Canonical Map in a Category with Finite Products, Coproducts and a Zero Object.

Question

Let $C$ be a category as advertised in the title, $\left \{ A_{i} \right \}_{1\leqslant i\leqslant n}$ a finite collection of objects in $C$. Why is there then is a canonical map $f:\coprod A_{i}\rightarrow \prod A_{i}$ s.t the matrix of arrows $\pi_{A_{i}}\circ f \circ i _{A_{j}}$ is $\delta _{ij}$, that is, the identity? I have seen this for some familiar categories like $Ab$, but I have not been able to prove it in the general case. Thanks.

Answer 1

Let me explain something more general. Let $\{X_i\}$ and $\{Y_j\}$ be two collections of objects. In order to specify a map $$f:\coprod X_i\to \prod Y_j,$$ it suffices to say how we map $\coprod X_i$ to each factor, $Y_j$. Thus we need to define a set of maps $$f_{\bullet j}\coprod X_i\to Y_j.$$ But to specify a map out of a coproduct, it suffices to give a map for each component. In particular if we have some random coproduct $\coprod Z_k\to W$, if we want to specify a map, $G:\coprod Z_k\to W$ then we need to specify a collection of maps, $$G_k:Z_k\to W .$$ Therefore, to define a map $$f_{\bullet j}\coprod X_i\to Y_j,$$ it suffices to define a collection of maps, $$f_{ij}:X_i\to Y_j.$$ Now for your question, set $X_i=Y_i$, and $f_{ii}=id$, and $f_{ij}=0$ if $i\neq j$.

Answer 2

Edit: This answer is basically the same as Baby Dragon's. I didn't see his/her answer when I started working on my pictures!

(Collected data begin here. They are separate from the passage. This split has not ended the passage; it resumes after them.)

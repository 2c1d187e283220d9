-- ===== src/Http/Attempts/Final.antt =====
-- What every answer of Do has passed.
use deskaone_sdk.Shared.{ℕ, zero, suc, ◌+◌, ◌≡◌, ◌⊎◌, true, false, Bool-cases, inl, inr}
use deskaone_sdk.Shared.{Option, none, some, Result, ok, err, arith, []}
use deskaone_sdk.Shared.Int.{ℤ, pos_part}
use deskaone_sdk.Shared.Text.{codes}
use deskaone_sdk.Http.{
  HttpRequest, HttpResponse, HttpError, is_retryable_http_error, is_redirect_status, get_header,
}
use deskaone_sdk.Http.Exchange.{HttpClient, Outside, Act}
use deskaone_sdk.Http.Client.{Network, do_with_redirects, is_final}
use deskaone_sdk.Http.Client.Following.{follow-final, is_final-cases}
use deskaone_sdk.Http.Attempts.{
  rounds_up_to, judge, unless_cancelled, attempts, all_attempts, do_request, response_code,
}

module _ {W D A : Type 0} (o : Outside W D) (status_of : A → ℤ) (c : HttpClient) (req : HttpRequest)
    (run : Act (Network W) A) (P : A → Type 0)
    (fine : (net : Network W) (a : A) → (run net).0 ≡ ok a → P a) where
  unless_cancelled-fine :
      (p : Option HttpError × Network W)
      (rest : Network W → Result HttpError (Option A) × Network W) (a : A)
      → ((next : Network W) → (rest next).0 ≡ ok (some a) → P a)
      → (unless_cancelled o status_of c req run p rest).0 ≡ ok (some a)
      → P a
  unless_cancelled-fine (none, next) rest a h q = h next q
  unless_cancelled-fine (some e, next) rest a h q = absurd (ground arith)

  judge-fine :
      (k : ℕ) (p : Result HttpError A × Network W)
      (rest : HttpError → Network W → Result HttpError (Option A) × Network W) (a : A)
      → (p.0 ≡ ok a → P a)
      → ((e : HttpError) (next : Network W) → (rest e next).0 ≡ ok (some a) → P a)
      → (judge o status_of c req run k p rest).0 ≡ ok (some a)
      → P a
  judge-fine k (ok res, mid) rest a h later q = h (cc)
  judge-fine k (err e, mid) rest a h later q =
      elim (Bool-cases (is_retryable_http_error o.quote e)) [
        | inr final ↦ absurd (let x = rw final at q in ground arith)
        | inl again ↦ unless_cancelled-fine _ (rest e) a (later e) (rw again at q)
      ]

  attempts-fine :
      (left k : ℕ) (last : Option HttpError) (net : Network W) (a : A)
      → (attempts o status_of c req run left k last net).0 ≡ ok (some a)
      → P a
  unfolding attempts
  attempts-fine zero k none net a q = absurd (ground arith)
  attempts-fine zero k (some e) net a q = absurd (ground arith)
  attempts-fine (suc left) k last net a q =
      judge-fine k (run net) _ a (fine net a)
        (λ e next q'. attempts-fine left (k + 1) (some e) next a q') q

module _ {W D : Type 0} (o : Outside W D) (sizes : ℕ → ℕ) (rounds : ℕ) where
  redirects-final :
      (c : HttpClient) (req : HttpRequest) (net : Network W) (res : HttpResponse)
      → (do_with_redirects o sizes rounds c req net).0 ≡ ok res
      → is_final o sizes rounds res.status_code res.headers ≡ true
  unfolding do_with_redirects
  redirects-final c req net res q =
      follow-final o sizes rounds c (suc (pos_part c.max_redirects)) req net res q

  -- An answer that Do returns is none that it would follow: its status is no redirect, or it has no
  -- Location.
  pub do_request-final :
      (c : HttpClient) (req : HttpRequest) (net : Network W) (res : HttpResponse)
      → (do_request o sizes rounds (some c) (some req) net).0 ≡ ok (some res)
      → (is_redirect_status res.status_code ≡ false)
        ⊎ (get_header res.headers (codes "Location") ≡ [])
  unfolding do_request all_attempts
  do_request-final c req net res q =
      let final =
        attempts-fine o (response_code o sizes rounds) c req
          (do_with_redirects o sizes rounds c req)
          (λ a. is_final o sizes rounds a.status_code a.headers ≡ true) (redirects-final c req)
          (rounds_up_to c.max_retries) 0 none net res q in
      is_final-cases o sizes rounds res.status_code res.headers final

Let $A=\{A_i:i\in I\}$ and $B=\{B_j:j\in J\}$ be two collections of $\mathscr C$-objects such that $\coprod A$ exists and $\prod B$ exists. For each $i\in I$ and $j\in J$ let $\ell_{ij}:A_i\to B_j$. For fixed $i \in I$, the universal property of $\prod B$ ensures a unique $\ell_{i\bullet}$ making the diagram

commute for every $j\in J$. Then the universal property of $\prod A$ ensures a unique $\ell_{\bullet\bullet}$ making the diagram

commute. Putting these diagrams together, we see that $\ell_{\bullet\bullet}$ is the unique $\mathscr C$-morphism making the diagram

commute for every $i\in I$ and $j\in J$. Now, assuming that $\mathscr C$ has zero-morphisms, your result is obtained by letting $I=J=\{1,\dotsc,n\}$, $A=B$, and $\ell_{ij}=\delta_{ij}$.